India, which has had difficult ties with China, including the 1962 War and a brutal border clash in 2020, has been the most reluctant member of the Quad in its anti-China stance. And despite the tension, India and China are important trade partners and active BRICS members. On the other hand, the UAE and Israel have been under more pressure in manoeuvring the US-China superpower competition, which they have delicately managed thus far. 

Similarly, while Israel has security reasons to view Iran through an uncompromising lens, the United States has been open to dealing with the Islamic Republic by first signing the Joint Comprehensive Plan of Action in 2015 and now by remaining engaged in the talks to rejoin the nuclear deal that the Trump administration revoked in 2018.

India has not let its good ties with Iran affect its engagement with the other I2-U2 partners. In fact, the United States has given India several waivers when dealing with the construction of the Chabahar Port, among others. The UAE too has sought to bridge rather than widen the gulf with Iran in the recent past despite numerous differences.

Yes, national security is intractable, but trying to pursue a collective security agenda does not cater to the strength of this grouping. It is also unlikely that any of them would individually compromise national interests and strategic autonomy to achieve consensus.
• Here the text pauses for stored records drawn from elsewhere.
-- ===== src/Server/Parser/Bodies.antt =====
-- The bodies of the frames: bytes that come in time fill the buffer, and the last one makes the call.
use k230_lr2021_radio.Prelude.{
  ℕ, suc, ◌+◌, ◌*◌, ◌%◌, ◌≡◌, refl, ap, ◌∙◌, ◌≤◌, ◌<◌, List, [], ◌∷◌, ◌++◌, arith, length,
  append_assoc,
}
use k230_lr2021_radio.Server.Parser.{
  Parser, State, Action, nothing, configure, transmit, scan_q, window_set, on_state, store, slice,
  words, word_at,
}
use k230_lr2021_radio.Server.Parser.Buffers.{slice-store_end}
use k230_lr2021_radio.Server.Parser.Timing.{
  IsIn, IsIdle, IsPrompt, Makes, Makes-step, Makes-end, feed, emit, on_byte_in,
}

-- The parser `q` behind a body byte that came at `now` and was not the last one.
pub record GoesOn (s : State) (now : ℕ) (p q : Parser) : Type 0 where
  pub state : q.state ≡ s
  pub skip : q.skip_remain ≡ 0
  pub arrival : q.last_arrival_ms ≡ now
  pub none_killed : q.parser_frames_killed ≡ p.parser_frames_killed

-- A body in state `s` that ends in `call`, by an invariant `P rest p` over the bytes still to come.
module _ (times : ℕ → ℕ) (prompt : IsPrompt times) (s : State) (call : Action)
    (P : List ℕ → Parser → Type 0)
    (more : (b y : ℕ) (ys : List ℕ) (now : ℕ) (p : Parser)
      → IsIn s now p
      → P (b ∷ y ∷ ys) p
      → (q : Parser) × (on_state s b (record p { last_arrival_ms = now }) ≡ (q, nothing))
        × GoesOn s now p q
        × P (y ∷ ys) q)
    (last : (b now : ℕ) (p : Parser)
      → IsIn s now p
      → P (b ∷ []) p
      → (q : Parser) × (on_state s b (record p { last_arrival_ms = now }) ≡ (q, call))
        × IsIdle q
        × (q.parser_frames_killed ≡ p.parser_frames_killed)) where
  pub body-Makes :
      (xs : List ℕ) (x i : ℕ) (p : Parser)
      → IsIn s (times i) p
      → P (x ∷ xs) p
      → Makes (emit call []) p (feed times i (x ∷ xs) p)
  body-Makes [] x i p at_body h =
      let (q, e, idle, kept) = last x (times i) p at_body h in
      Makes-step times i x [] p q call [] (on_byte_in s (times i) x p q call at_body e) kept
        (Makes-end times (suc i) q idle)
  body-Makes (y ∷ ys) x i p at_body h =
      let (q, e, on, h') = more x y ys (times i) p at_body h in
      Makes-step times i x (y ∷ ys) p q nothing (emit call [])
        (on_byte_in s (times i) x p q nothing at_body e) on.none_killed
        (body-Makes ys y (suc i) q
          (record {
            state = on.state;
            skip = on.skip;
            recent = omega (arith, prompt i, on.arrival);
          })
          h')

-- The bytes stored so far and those to come are the body, `size` bytes in all.
pub record Fills (body : List ℕ) (size have : ℕ) (stored rest : List ℕ) : Type 0 where
  pub joined : stored ++ rest ≡ body
  pub counted : have + length rest ≡ size

Fills-next :
    (body : List ℕ) (size have b : ℕ) (stored stored' rest : List ℕ)
    → stored' ≡ stored ++ (b ∷ [])
    → Fills body size have stored (b ∷ rest)
    → Fills body size (have + 1) stored' rest
Fills-next body size have b stored stored' rest e f = record {
  joined = rw (e, append_assoc) f.joined;
  counted = omega (arith, f.counted);
}

Fills-end :
    (body : List ℕ) (size have b : ℕ) (stored stored' : List ℕ)
    → stored' ≡ stored ++ (b ∷ [])
    → Fills body size have stored (b ∷ [])
    → stored' ≡ body
Fills-end body size have b stored stored' e f = e ∙ f.joined

Fills-start :
    (body : List ℕ) (size have : ℕ) (stored : ℕ → List ℕ)
    → stored 0 ≡ []
    → have ≡ 0
    → size ≡ length body
    → Fills body size have (stored have) body
Fills-start body size have stored none_stored start e = record {
  joined = ap (λ k. stored k ++ body) start ∙ ap (λ t. t ++ body) none_stored;
  counted = omega arith;
}

module _ (times : ℕ → ℕ) (prompt : IsPrompt times) where
  -- The payload of a transmit frame.
  pub payload-Makes :
      (x : ℕ) (xs : List ℕ) (i : ℕ) (p : Parser)
      → IsIn State.payload (times i) p
      → p.have ≡ 0
      → p.frame_len ≡ length (x ∷ xs)
      → Makes (transmit (x ∷ xs) ∷ []) p (feed times i (x ∷ xs) p)
  unfolding on_state
  payload-Makes x xs i p at_body start size =
      body-Makes times prompt State.payload (transmit (x ∷ xs))
        (λ rest q. Fills (x ∷ xs) q.frame_len q.have (slice q.tx_buf 0 q.have) rest)
        (λ b y ys now q inside f. (
          record q { last_arrival_ms = now; tx_buf = store q.tx_buf q.have b; have = q.have + 1 },
          ground (arith, f.counted),
          ground (arith, inside.state, inside.skip),
          Fills-next (x ∷ xs) q.frame_len q.have b (slice q.tx_buf 0 q.have) _ (y ∷ ys)
              (slice-store_end q.tx_buf q.have b (q.have + 1) refl) f,
        ))
        (λ b now q inside f.
          let q' = record q {
            last_arrival_ms = now;
            tx_buf = store q.tx_buf q.have b;
            have = q.have + 1;
            state = State.tag;
          } in
          let stored = slice (store q.tx_buf q.have b) 0 q.frame_len in
          let stops : on_state State.payload b (record q { last_arrival_ms = now })
              ≡ (q', transmit stored) =
            ground (arith, f.counted) in
          (
            q',
            stops
                ∙ ap (λ t. let out : Parser × Action = (q', transmit t) in out)
                    (Fills-end (x ∷ xs) q.frame_len q.have b (slice q.tx_buf 0 q.have) stored
                      (slice-store_end q.tx_buf q.have b q.frame_len (omega (arith, f.counted))) f),
            ground (arith, inside.skip),
            refl,
          ))
        xs x i p at_body
        (Fills-start (x ∷ xs) p.frame_len p.have (slice p.tx_buf 0) refl start size)

  -- The body of a CONFIG.
  pub config-Makes :
      (x : ℕ) (xs : List ℕ) (i : ℕ) (p : Parser)
      → IsIn State.config (times i) p
      → p.have ≡ 0
      → p.frame_len ≡ length (x ∷ xs)
      → p.frame_len < 256
      → Makes (configure (x ∷ xs) ∷ []) p (feed times i (x ∷ xs) p)
  unfolding on_state
  config-Makes x xs i p at_body start size small =
      body-Makes times prompt State.config (configure (x ∷ xs))
        (λ rest q.
          Fills (x ∷ xs) q.frame_len q.have (slice q.config_body 0 q.have) rest
          × (q.frame_len < 256))
        (λ b y ys now q inside f. (
          record q {
            last_arrival_ms = now;
            config_body = store q.config_body q.have b;
            have = q.have + 1;
          },
          ground (arith, f.0.counted),
          ground (arith, inside.state, inside.skip),
          (
            Fills-next (x ∷ xs) q.frame_len q.have b (slice q.config_body 0 q.have) _ (y ∷ ys)
                (slice-store_end q.config_body q.have b (q.have + 1) refl) f.0,
            f.1,
          ),
        ))
        (λ b now q inside f.
          let q' = record q {
            last_arrival_ms = now;
            config_body = store q.config_body q.have b;
            have = q.have + 1;
            state = State.tag;
          } in
          let stored = slice (store q.config_body q.have b) 0 (q.frame_len % 256) in
          let stops : on_state State.config b (record q { last_arrival_ms = now })
              ≡ (q', configure stored) =
            ground (arith, f.0.counted) in
          (
            q',
            stops
                ∙ ap (λ t. let out : Parser × Action = (q', configure t) in out)
                    (Fills-end (x ∷ xs) q.frame_len q.have b (slice q.config_body 0 q.have) stored
                      (slice-store_end q.config_body q.have b (q.frame_len % 256)
                        (omega (arith, f.0.counted, f.1)))
                      f.0),
            ground (arith, inside.skip),
            refl,
          ))
        xs x i p at_body
        (Fills-start (x ∷ xs) p.frame_len p.have (slice p.config_body 0) refl start size, small)

  -- The body of a SET_WINDOW, 8 bytes.
  pub window-Makes :
      (x : ℕ) (xs : List ℕ) (i : ℕ) (p : Parser)
      → IsIn State.set_window (times i) p
      → p.have ≡ 0
      → length (x ∷ xs) ≡ 8
      → Makes (window_set ∷ []) p (feed times i (x ∷ xs) p)
  unfolding on_state
  window-Makes x xs i p at_body start size =
      body-Makes times prompt State.set_window window_set (λ rest q. q.have + length rest ≡ 8)
        (λ b y ys now q inside f. (
          record q {
            last_arrival_ms = now;
            window_body = store q.window_body q.have b;
            have = q.have + 1;
          },
          ground arith,
          ground (arith, inside.state, inside.skip),
          omega arith,
        ))
        (λ b now q inside f.
          let a = store q.window_body q.have b in
          (
            record q {
              last_arrival_ms = now;
              window_body = a;
              have = q.have + 1;
              slot_offset_ms = word_at a 0;
              slot_period_ms = word_at a 4;
              state = State.tag;
            },
            ground arith,
            ground (arith, inside.skip),
            refl,
          ))
        xs x i p at_body (omega arith)

  -- The body of a scan request: the dwell time and `count` frequencies.
  pub scan-Makes :
      (x : ℕ) (xs : List ℕ) (i count dwell : ℕ) (freqs : List ℕ) (p : Parser)
      → IsIn State.scan_body (times i) p
      → p.scan_have ≡ 0
      → p.scan_count ≡ count
      → count ≤ 16
      → length (x ∷ xs) ≡ 4 + count * 4
      → ((a : ℕ → ℕ)
          → slice a 0 (4 + count * 4) ≡ x ∷ xs
          → (word_at a 0 ≡ dwell) × (words a 4 count ≡ freqs))
      → Makes (scan_q count dwell freqs ∷ []) p (feed times i (x ∷ xs) p)
  unfolding on_state
  scan-Makes x xs i count dwell freqs p at_body start counted few size read =
      body-Makes times prompt State.scan_body (scan_q count dwell freqs)
        (λ rest q.
          Fills (x ∷ xs) (4 + count * 4) q.scan_have (slice q.qbuf 0 q.scan_have) rest
          × (q.scan_count ≡ count))
        (λ b y ys now q inside f.
          let next : (q.scan_have + 1) % 256 ≡ q.scan_have + 1 = omega (arith, f.0.counted) in
          (
            record q {
              last_arrival_ms = now;
              qbuf = store q.qbuf q.scan_have b;
              scan_have = q.scan_have + 1;
            },
            ground (arith, f.0.counted, f.1, next),
            ground (arith, inside.state, inside.skip),
            (
              Fills-next (x ∷ xs) (4 + count * 4) q.scan_have b (slice q.qbuf 0 q.scan_have) _
                  (y ∷ ys) (slice-store_end q.qbuf q.scan_have b (q.scan_have + 1) refl) f.0,
              f.1,
            ),
          ))
        (λ b now q inside f.
          let next : (q.scan_have + 1) % 256 ≡ q.scan_have + 1 = omega (arith, f.0.counted) in
          let a = store q.qbuf q.scan_have b in
          let q' = record q {
            last_arrival_ms = now;
            qbuf = a;
            scan_have = q.scan_have + 1;
            state = State.tag;
          } in
          let whole = read a (
            Fills-end (x ∷ xs) (4 + count * 4) q.scan_have b (slice q.qbuf 0 q.scan_have)
              (slice a 0 (4 + count * 4))
              (slice-store_end q.qbuf q.scan_have b (4 + count * 4) (omega (arith, f.0.counted)))
              f.0) in
          let stops : on_state State.scan_body b (record q { last_arrival_ms = now })
              ≡ (q', scan_q q.scan_count (word_at a 0) (words a 4 q.scan_count)) =
            ground (arith, f.0.counted, f.1, next) in
          (q', stops ∙ rw (f.1, whole.0, whole.1), ground (arith, inside.skip), refl))
        xs x i p at_body
        (
          Fills-start (x ∷ xs) (4 + count * 4) p.scan_have (slice p.qbuf 0) refl start
              (omega arith),
          counted,
        )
While each of the countries will continue to pursue their security goals individually or in other formations, I2-U2 will be successful only if it is a harbinger for the present and future in the economic development domain and not a prisoner of the past in the security sphere. It must move away from war and peace and the zero-sum game and superpower competition and advance a positive international agenda that brings different South and West Asia and Western constituents closer.

(Dr N. Janardhan is a senior research fellow at the Anwar Gargash Diplomatic Academy in Abu Dhabi and non-resident fellow at the Arab Gulf States Institute in Washington, and Dr Gedaliah Afterman is the head of the Asia Policy Programme at the Abba Eban Institute for International Diplomacy at Reichman University (IDC Herzliya), Israel.)